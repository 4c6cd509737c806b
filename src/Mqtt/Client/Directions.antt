-- ===== src/Mqtt/Client/Directions.antt =====
-- Vehicles and the master control fit together, and a valid topic is a level of the MQTT topic.
use Prim.Native.Char.{Char, code}
use text.Mathlib.TextLemmas.{head-eq_of_cons-eq}
use vda_5050_lib_js.Common.Map
use vda_5050_lib_js.Common.{
  ==_of_eq, Bool, Bool-cases, Option-cases, String, ap, arith, eq_Bool, eq_Option, eq_String,
  eq_of_==, eq_ℕ, false, inl, inr, none, not, some, sym, true, ℕ, ◌&&◌, ◌==◌, ◌∙◌, ◌≡◌, ◌≢◌, ◌⊎◌,
}
use vda_5050_lib_js.Vda.{eq_AgvId}
use vda_5050_lib_js.Mqtt.Client.{
  Topic, agv_direction, is_illegal, is_valid_topic_level, master_control_direction, may_use,
  standard_topic, validate_topic,
}
use vda_5050_lib_js.Mqtt.Topics.Levels.{NoSlash}
use vda_5050_lib_js.Common.Map.{Map}

-- What one side may publish, the other may subscribe to.
directions_complement :
    (t : Topic) (inbound : Bool)
    → agv_direction t inbound ≡ master_control_direction t (not inbound)
unfolding agv_direction master_control_direction
directions_complement t inbound = ground arith

slash_code : (c : Char) → (String.◌∷◌ c String.[] == "/") ≡ true → code c ≡ 47
slash_code c e = ap code (head-eq_of_cons-eq (eq_of_== (String.◌∷◌ c String.[]) "/" e))

legal-NoSlash : (c : Char) → is_illegal c ≡ false → (String.◌∷◌ c String.[] == "/") ≡ false
legal-NoSlash c h = elim (Bool-cases (String.◌∷◌ c String.[] == "/")) [
  | inl e ↦ let k : code c ≡ 47 = slash_code c e in absurd (ground arith)
  | inr e ↦ e
]

pub valid-NoSlash : (s : String) → is_valid_topic_level s ≡ true → NoSlash s
unfolding is_valid_topic_level
valid-NoSlash String.[] h = tt
valid-NoSlash (String.◌∷◌ c s) h = elim (Bool-cases (is_illegal c)) [
  | inl e ↦ let t : false ≡ true = simp e at h in absurd (cc)
  | inr e ↦
      let rest : is_valid_topic_level s ≡ true = simp e at h in
      (legal-NoSlash c e, valid-NoSlash s rest)
]

pub valid_topic-NoSlash :
    (direction : Topic → Bool → Bool) (extensions : Map String (Bool × Bool)) (topic : String)
    (for_subscription : Bool)
    → validate_topic direction extensions topic for_subscription ≡ true
    → NoSlash topic
unfolding validate_topic
valid_topic-NoSlash direction extensions topic for_subscription h =
    elim (Bool-cases (is_valid_topic_level topic)) [
      | inl e ↦ valid-NoSlash topic e
      | inr e ↦ absurd (ground arith)
    ]

fits :
    (a b : Map String (Bool × Bool)) (topic : String) (t : Topic) (for_subscription : Bool)
    → standard_topic topic ≡ some t
    → validate_topic agv_direction a topic for_subscription
      ≡ validate_topic master_control_direction b topic (not for_subscription)
unfolding validate_topic
fits a b topic t for_subscription e =
    let one : may_use agv_direction (standard_topic topic) (Map.get topic a) for_subscription
        ≡ agv_direction t for_subscription =
      ap (λ o. may_use agv_direction o (Map.get topic a) for_subscription) e in
    let two : may_use master_control_direction (standard_topic topic) (Map.get topic b)
          (not for_subscription)
        ≡ master_control_direction t (not for_subscription) =
      ap (λ o. may_use master_control_direction o (Map.get topic b) (not for_subscription)) e in
    ap (λ m. not (topic == "") && is_valid_topic_level topic && m)
      (one ∙ directions_complement t for_subscription ∙ sym two)

-- None of the characters U+0000, "#" and "+", which MQTT reserves.
abbrev pub HasNoWildcard : String → Type 0
HasNoWildcard String.[] = Unit
HasNoWildcard (String.◌∷◌ c s) = (code c ≢ 0) × (code c ≢ 35) × (code c ≢ 43) × HasNoWildcard s

legal_code :
    (c : Char) (n : ℕ) → (code c ≡ n → is_illegal c ≡ true) → is_illegal c ≡ false → code c ≢ n
legal_code c n h legal e = let illegal = h e in absurd (cc)

valid-HasNoWildcard : (s : String) → is_valid_topic_level s ≡ true → HasNoWildcard s
unfolding is_valid_topic_level
valid-HasNoWildcard String.[] h = tt
valid-HasNoWildcard (String.◌∷◌ c s) h = elim (Bool-cases (is_illegal c)) [
  | inl e ↦ let t : false ≡ true = simp e at h in absurd (cc)
  | inr e ↦
      let rest : is_valid_topic_level s ≡ true = simp e at h in
      (
        legal_code c 0 (λ k. ground arith) e,
        legal_code c 35 (λ k. ground arith) e,
        legal_code c 43 (λ k. ground arith) e,
        valid-HasNoWildcard s rest,
      )
]

-- A single level of an MQTT topic, and no filter.
abbrev pub IsLevel : String → Type 0
IsLevel topic = (topic ≢ "") × NoSlash topic × HasNoWildcard topic

passes-IsLevel :
    (direction : Topic → Bool → Bool) (extensions : Map String (Bool × Bool)) (topic : String)
    (for_subscription : Bool)
    → (validate_topic direction extensions topic for_subscription ≡ false) ⊎ IsLevel topic
unfolding validate_topic
passes-IsLevel direction extensions topic for_subscription =
    elim (Bool-cases (validate_topic direction extensions topic for_subscription)) [
      | inl h ↦ inr (
        λ e. let empty = ==_of_eq topic "" e in absurd (ground arith),
        valid_topic-NoSlash direction extensions topic for_subscription h,
        valid-HasNoWildcard topic (ground arith),
      )
      | inr h ↦ inl h
    ]

fits_or_extends :
    (a b : Map String (Bool × Bool)) (topic : String) (for_subscription : Bool)
    → (standard_topic topic ≡ none)
      ⊎ (validate_topic agv_direction a topic for_subscription
          ≡ validate_topic master_control_direction b topic (not for_subscription))
fits_or_extends a b topic for_subscription = elim (Option-cases (standard_topic topic)) [
  | inl e ↦ inl e
  | inr (t, e) ↦ inr (fits a b topic t for_subscription e)
]

-- For every topic, of the standard or an extension: if it is of the standard, the vehicle's side may
-- publish on it exactly if the master control's side may subscribe to it, and the other way round,
-- whatever extensions they have registered; and if either side lets it pass, it is a single level of
-- an MQTT topic: not empty, without "/", "+", "#" and U+0000.
pub validate_topic-fits :
    (a b : Map String (Bool × Bool)) (topic : String) (for_subscription : Bool)
    → ((standard_topic topic ≡ none)
        ⊎ (validate_topic agv_direction a topic for_subscription
            ≡ validate_topic master_control_direction b topic (not for_subscription)))
      × ((validate_topic agv_direction a topic for_subscription ≡ false) ⊎ IsLevel topic)
      × ((validate_topic master_control_direction b topic for_subscription ≡ false) ⊎ IsLevel topic)
validate_topic-fits a b topic for_subscription = (
  fits_or_extends a b topic for_subscription,
  passes-IsLevel agv_direction a topic for_subscription,
  passes-IsLevel master_control_direction b topic for_subscription,
)
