-- ===== src/Mqtt/Client/Inbound.antt =====
-- How an inbound message is taken by a client of src/common/client.ts: its path, the validity of its
-- object, and the calls of the handlers.
use mathlib.Core.Option
use vda_5050_lib_js.Common.{
  Bool, List, Option, String, [], ap, arith, eq_Bool, eq_Option, eq_String, eq_ℕ, false,
  if◌then◌else◌, map, none, not, refl, some, sym, true, ℕ, ◌&&◌, ◌==◌, ◌∙◌, ◌∷◌, ◌≡◌,
}
use vda_5050_lib_js.Vda.{AgvId, eq_AgvId}
use vda_5050_lib_js.Mqtt.Topics.{
  TopicFormat, compile_mqtt_topic, construct_mqtt_topic, deconstruct_mqtt_topic, major_of,
}
use vda_5050_lib_js.Mqtt.Topics.Levels.{NoSlash}
use vda_5050_lib_js.Mqtt.Topics.RoundTrip.{deconstruct-construct}
use vda_5050_lib_js.Mqtt.Client.{Topic, is_valid_topic_level, standard_topic}
use vda_5050_lib_js.Mqtt.Client.Messages.{
  Client, ClientOptions, TopicObject, has_schema, has_serial_chars, is_valid_as, is_valid_part,
  validate_agv_id, validate_topic_object,
}
use vda_5050_lib_js.Mqtt.Client.Traffic.{
  Call, Dispatched, call_of, discarded, dispatch_message, invoke, invoked, subject_of,
}
use vda_5050_lib_js.Mqtt.Client.Directions.{valid-NoSlash}
use vda_5050_lib_js.Mqtt.Subscriptions.{
  Key, Path3, SubscriptionManager, find, find_handlers, first_some, get_mqtt_topic,
}

valid_part-NoSlash :
    (valid : String → Bool) (s : String)
    → ((s : String) → valid s ≡ true → is_valid_topic_level s ≡ true)
    → is_valid_part valid (some s) false ≡ true
    → NoSlash s
valid_part-NoSlash valid s h e = valid-NoSlash s (h s (ground arith))

pub valid_id-NoSlash :
    (m s : String) → validate_agv_id (some m) (some s) false ≡ true → NoSlash m × NoSlash s
unfolding validate_agv_id
valid_id-NoSlash m s e = (
  valid_part-NoSlash is_valid_topic_level m (λ s h. h) (ground arith),
  valid_part-NoSlash (λ s. is_valid_topic_level s && has_serial_chars s) s (λ s h. ground arith)
      (ground arith),
)

first_some-same : (o : Option ℕ) (s : String) → first_some (Option.map (λ _. s) o) s ≡ some s
first_some-same none s = refl
first_some-same (some i) s = refl

module _ {H : Type 0} (throws : Call H → Bool) (quiet : (c : Call H) → throws c ≡ false) where
  invoke-invoked : (cs : List (Call H)) → invoke throws cs ≡ invoked cs
  unfolding invoke
  invoke-invoked [] = refl
  invoke-invoked (c ∷ cs) = simp (quiet c, invoke-invoked cs)

abbrev pub path_for : String → AgvId → Path3
path_for topic subject = record {
  manufacturer = some subject.manufacturer;
  serial_number = some subject.serial_number;
  topic = some topic;
}

module _ {H : Type 0} (b : SubscriptionManager H) (topic_format interface_name version : String)
    (f : TopicFormat) (topic : String) (subject : AgvId)
    (compiled : compile_mqtt_topic topic_format interface_name version ≡ some f)
    (interface-NoSlash : NoSlash interface_name) (version-NoSlash : NoSlash (major_of version))
    (format : b.format ≡ f) where
  abbrev found_as : Key × Key × Key → List (String × H) × Key
  found_as (m, s, t) = (
    find_handlers
        (record {
          manufacturer = first_some m subject.manufacturer;
          serial_number = first_some s subject.serial_number;
          topic = t;
        })
        b.subscriptions,
    t,
  )

  found_by :
      find (get_mqtt_topic f (path_for topic subject)) subject b
      ≡ found_as (
          deconstruct_mqtt_topic f
            (construct_mqtt_topic f subject.manufacturer subject.serial_number topic))
  unfolding find get_mqtt_topic
  found_by =
      ap
        (λ g. found_as (
          deconstruct_mqtt_topic g
            (construct_mqtt_topic f subject.manufacturer subject.serial_number topic)))
        format

  -- The path is found again in the MQTT topic, or else in the object.
  pub find-path :
      NoSlash subject.manufacturer
      → NoSlash subject.serial_number
      → NoSlash topic
      → find (get_mqtt_topic f (path_for topic subject)) subject b
        ≡ (find_handlers (path_for topic subject) b.subscriptions, some topic)
  find-path hm hs ht =
      let m = first_some-same f.manufacturer_index subject.manufacturer in
      let s = first_some-same f.serial_number_index subject.serial_number in
      found_by
      ∙ ap found_as (
          deconstruct-construct topic_format interface_name version f subject.manufacturer
            subject.serial_number topic compiled interface-NoSlash version-NoSlash hm hs ht)
      ∙ (λ i. (
        find_handlers (record { manufacturer = m i; serial_number = s i; topic = some topic })
            b.subscriptions,
        some topic,
      ))

-- An object that is valid for one client is valid for another of the same version and schemas.
pub same_validity :
    {G H : Type 0} (options receiver : ClientOptions) (c : Client G) (b : Client H) (topic : String)
    (t : Topic) (obj : TopicObject)
    → receiver.vda_version ≡ options.vda_version
    → receiver.schema ≡ options.schema
    → standard_topic topic ≡ some t
    → validate_topic_object receiver b (some topic) obj
      ≡ validate_topic_object options c (some topic) obj
unfolding validate_topic_object
same_validity options receiver c b topic t obj ev es et =
    ap (λ o. obj.header.version == receiver.vda_version && is_valid_as receiver b topic obj o) et
    ∙ ap (λ v. obj.header.version == v && (has_schema t v && receiver.schema v t obj)) ev
    ∙ ap
        (λ s.
          obj.header.version == options.vda_version
          && (has_schema t options.vda_version && s options.vda_version t obj))
        es
    ∙ sym (
        ap (λ o. obj.header.version == options.vda_version && is_valid_as options c topic obj o) et)

module _ {H P : Type 0} (receiver : ClientOptions) (parse : P → Option TopicObject)
    (throws : Call H → Bool) (mqtt_topic : String) (p : P) (b : Client H) where
  abbrev answered : TopicObject → List (String × H) × Key → Bool → Dispatched H
  answered obj (handlers, topic) valid =
      if receiver.validates_inbound && not valid
      then discarded
      else invoke throws (map (call_of obj topic) handlers)

  pub dispatched :
      (obj : TopicObject) (topic : String) (handlers : List (String × H))
      → parse p ≡ some obj
      → find mqtt_topic (subject_of obj) b.subscriptions ≡ (handlers, some topic)
      → validate_topic_object receiver b (some topic) obj ≡ true
      → ((call : Call H) → throws call ≡ false)
      → dispatch_message receiver parse throws mqtt_topic p b
        ≡ invoked (map (call_of obj (some topic)) handlers)
  unfolding dispatch_message
  dispatched obj topic handlers ep ef ev quiet =
      rw (ep, dispatch_message)
        (ap (λ r. answered obj r (validate_topic_object receiver b r.1 obj)) ef
          ∙ ap (answered obj (handlers, some topic)) ev
          ∙ (ground arith)
          ∙ invoke-invoked throws quiet (map (call_of obj (some topic)) handlers))
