-- ===== src/Mqtt/Client/Constructed.antt =====
-- What the checks of its options give a client that the constructor of src/common/client.ts makes.
use mathlib.Core.Option
use Prim.Native.String
use vda_5050_lib_js.Common.{
  Bool, Bool-cases, Option, String, ap, arith, eq_Bool, eq_Option, eq_String, eq_of_==, eq_ℕ, false,
  inl, inr, none, refl, some, sym, true, ◌==◌, ◌∙◌, ◌≡◌,
}
use vda_5050_lib_js.Vda.{eq_AgvId}
use vda_5050_lib_js.Mqtt.Topics.{
  TopicFormat, compile_mqtt_topic, construct_mqtt_topic, deconstruct_mqtt_topic, major_of,
}
use vda_5050_lib_js.Mqtt.Topics.Levels.{NoSlash}
use vda_5050_lib_js.Mqtt.Client.{Topic, is_valid_topic_level, validate_topic}
use vda_5050_lib_js.Mqtt.Client.Messages.{Client, is_valid_vda_version, validate_agv_id}
use vda_5050_lib_js.Mqtt.Client.Lifecycle.{create}
use vda_5050_lib_js.Mqtt.Client.Options.{
  GivenOptions, TransportOptions, broker_url_of, construct, construct_from, format_of_fields,
  given_text, topic_format_of, validate_fields, validate_options, validate_rest, validate_version,
}
use vda_5050_lib_js.Mqtt.Client.Inbound.{valid_id-NoSlash}
use vda_5050_lib_js.Mqtt.Client.Directions.{valid-NoSlash, valid_topic-NoSlash}
use vda_5050_lib_js.Mqtt.Topics.RoundTrip.{deconstruct-construct}
use vda_5050_lib_js.Common.Map.{Map}

-- The options pass their checks, and the format of the topics can be compiled.
pub record IsGiven (options : GivenOptions) (f : TopicFormat) : Type 0 where
  pub name : String
  pub version : String
  pub has_name : options.interface_name ≡ some name
  pub has_version : options.vda_version ≡ some version
  pub is_level : is_valid_topic_level name ≡ true
  pub is_known : is_valid_vda_version version ≡ true
  pub compiles : compile_mqtt_topic (topic_format_of options.transport) name version ≡ some f

-- Each known version starts with its major version.
known-NoSlash :
    (version : String) → is_valid_vda_version version ≡ true → NoSlash (major_of version)
unfolding is_valid_vda_version
known-NoSlash version h = elim (Bool-cases (version == "1.1.0")) [
  | inl e ↦ at "1.1.0" e (refl, (refl, tt))
  | inr n0 ↦ elim (Bool-cases (version == "1.1")) [
    | inl e ↦ at "1.1" e (refl, (refl, tt))
    | inr n1 ↦ elim (Bool-cases (version == "2.0")) [
      | inl e ↦ at "2.0" e (refl, (refl, tt))
      | inr n2 ↦ elim (Bool-cases (version == "2.0.0")) [
        | inl e ↦ at "2.0.0" e (refl, (refl, tt))
        | inr n3 ↦ elim (Bool-cases (version == "2.1")) [
          | inl e ↦ at "2.1" e (refl, (refl, tt))
          | inr n4 ↦ elim (Bool-cases (version == "2.1.0")) [
            | inl e ↦ at "2.1.0" e (refl, (refl, tt))
            | inr n5 ↦ absurd (ground arith)
          ]
        ]
      ]
    ]
  ]
]
  where
    at : (v : String) → (version == v) ≡ true → NoSlash (major_of v) → NoSlash (major_of version)
    at v e n = rw (eq_of_== version v e) n

checked-version :
    (v : Option String)
    → validate_version v ≡ none
    → (version : String) × (v ≡ some version) × (is_valid_vda_version version ≡ true)
checked-version none h = absurd (cc)
checked-version (some version) h = elim (Bool-cases (is_valid_vda_version version)) [
  | inl known ↦ (version, refl, known)
  | inr unknown ↦
      let t : some (String.◌++◌ "Vda " (String.◌++◌ version " Version not supported")) ≡ none =
        simp unknown at h in
      absurd (cc)
]

checked-rest : (url v : Option String) → validate_rest url v ≡ none → validate_version v ≡ none
checked-rest none v h = absurd (cc)
checked-rest (some url) v h = h

checked-fields :
    (n : Option String) (t : Option TransportOptions) (v : Option String)
    → validate_fields n t v ≡ none
    → (name : String) × (n ≡ some name)
      × (is_valid_topic_level name ≡ true)
      × (validate_version v ≡ none)
checked-fields none t v h = absurd (cc)
checked-fields (some name) t v h = elim (Bool-cases (is_valid_topic_level name)) [
  | inl level ↦
      let rest : validate_rest (given_text (broker_url_of t)) v ≡ none = simp level at h in
      (name, refl, level, checked-rest (given_text (broker_url_of t)) v rest)
  | inr illegal ↦
      let u : some "ClientOption interfaceName is not a valid MQTT topic level" ≡ none =
        simp illegal at h in
      absurd (cc)
]

constructed_from :
    {H : Type 0} (message : Option String) (format : Option TopicFormat) (c : Client H)
    → construct_from message format ≡ some c
    → (message ≡ none) × (f : TopicFormat) × (format ≡ some f) × (c ≡ create f)
constructed_from (some message) format c e = absurd (cc)
constructed_from none none c e = absurd (cc)
constructed_from none (some f) c e = (refl, f, refl, cc)

compiles_as :
    (n : Option String) (t : Option TransportOptions) (v : Option String) (name version : String)
    (f : TopicFormat)
    → n ≡ some name
    → v ≡ some version
    → format_of_fields n t v ≡ some f
    → compile_mqtt_topic (topic_format_of t) name version ≡ some f
compiles_as n t v name version f en ev e =
    sym (ap (λ x. format_of_fields x t v) en ∙ ap (λ y. format_of_fields (some name) t y) ev) ∙ e

-- A client that the constructor makes is new, with a format compiled from valid options.
construct-IsGiven :
    {H : Type 0} (options : GivenOptions) (c : Client H)
    → construct options ≡ some c
    → (f : TopicFormat) × (c ≡ create f) × IsGiven options f
unfolding construct validate_options
construct-IsGiven options c e =
    let n = options.interface_name in
    let t = options.transport in
    let v = options.vda_version in
    let (fine, f, made, same) =
      constructed_from (validate_options options) (format_of_fields n t v) c e in
    let (name, has_name, level, rest) = checked-fields n t v fine in
    let (version, has_version, known) = checked-version v rest in
    (
      f,
      same,
      record {
        name = name;
        version = version;
        has_name = has_name;
        has_version = has_version;
        is_level = level;
        is_known = known;
        compiles = compiles_as n t v name version f has_name has_version made;
      },
    )

-- Every client that the constructor makes gets the AGV identifier and the topic back from the MQTT
-- topic that it publishes on, where its topic format has places for them, for each identifier and
-- topic that it lets pass.
pub construct-deconstructs :
    {H : Type 0} (options : GivenOptions) (c : Client H) (direction : Topic → Bool → Bool)
    (extensions : Map String (Bool × Bool)) (m s topic : String)
    → construct options ≡ some c
    → validate_agv_id (some m) (some s) false ≡ true
    → validate_topic direction extensions topic false ≡ true
    → deconstruct_mqtt_topic c.subscriptions.format
        (construct_mqtt_topic c.subscriptions.format m s topic)
      ≡ (
        Option.map (λ _. m) c.subscriptions.format.manufacturer_index,
        Option.map (λ _. s) c.subscriptions.format.serial_number_index,
        some topic,
      )
unfolding create
construct-deconstructs options c direction extensions m s topic made id_passes topic_passes =
    let (f, same, g) = construct-IsGiven options c made in
    let (level_m, level_s) = valid_id-NoSlash m s id_passes in
    rw same (
      deconstruct-construct (topic_format_of options.transport) g.name g.version f m s topic
        g.compiles (valid-NoSlash g.name g.is_level) (known-NoSlash g.version g.is_known) level_m
        level_s (valid_topic-NoSlash direction extensions topic false topic_passes))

● ● ● ●

> [TASK INSTRUCTIONS]: Begin with the line that has "pub has_name : options.interface_name" in the listing above and end after the line that has "(version : String) →"; output those lines exactly.

> [PROBLEM SOLUTION]:
  pub has_name : options.interface_name ≡ some name
  pub has_version : options.vda_version ≡ some version
  pub is_level : is_valid_topic_level name ≡ true
  pub is_known : is_valid_vda_version version ≡ true
  pub compiles : compile_mqtt_topic (topic_format_of options.transport) name version ≡ some f

-- Each known version starts with its major version.
known-NoSlash :
    (version : String) → is_valid_vda_version version ≡ true → NoSlash (major_of version)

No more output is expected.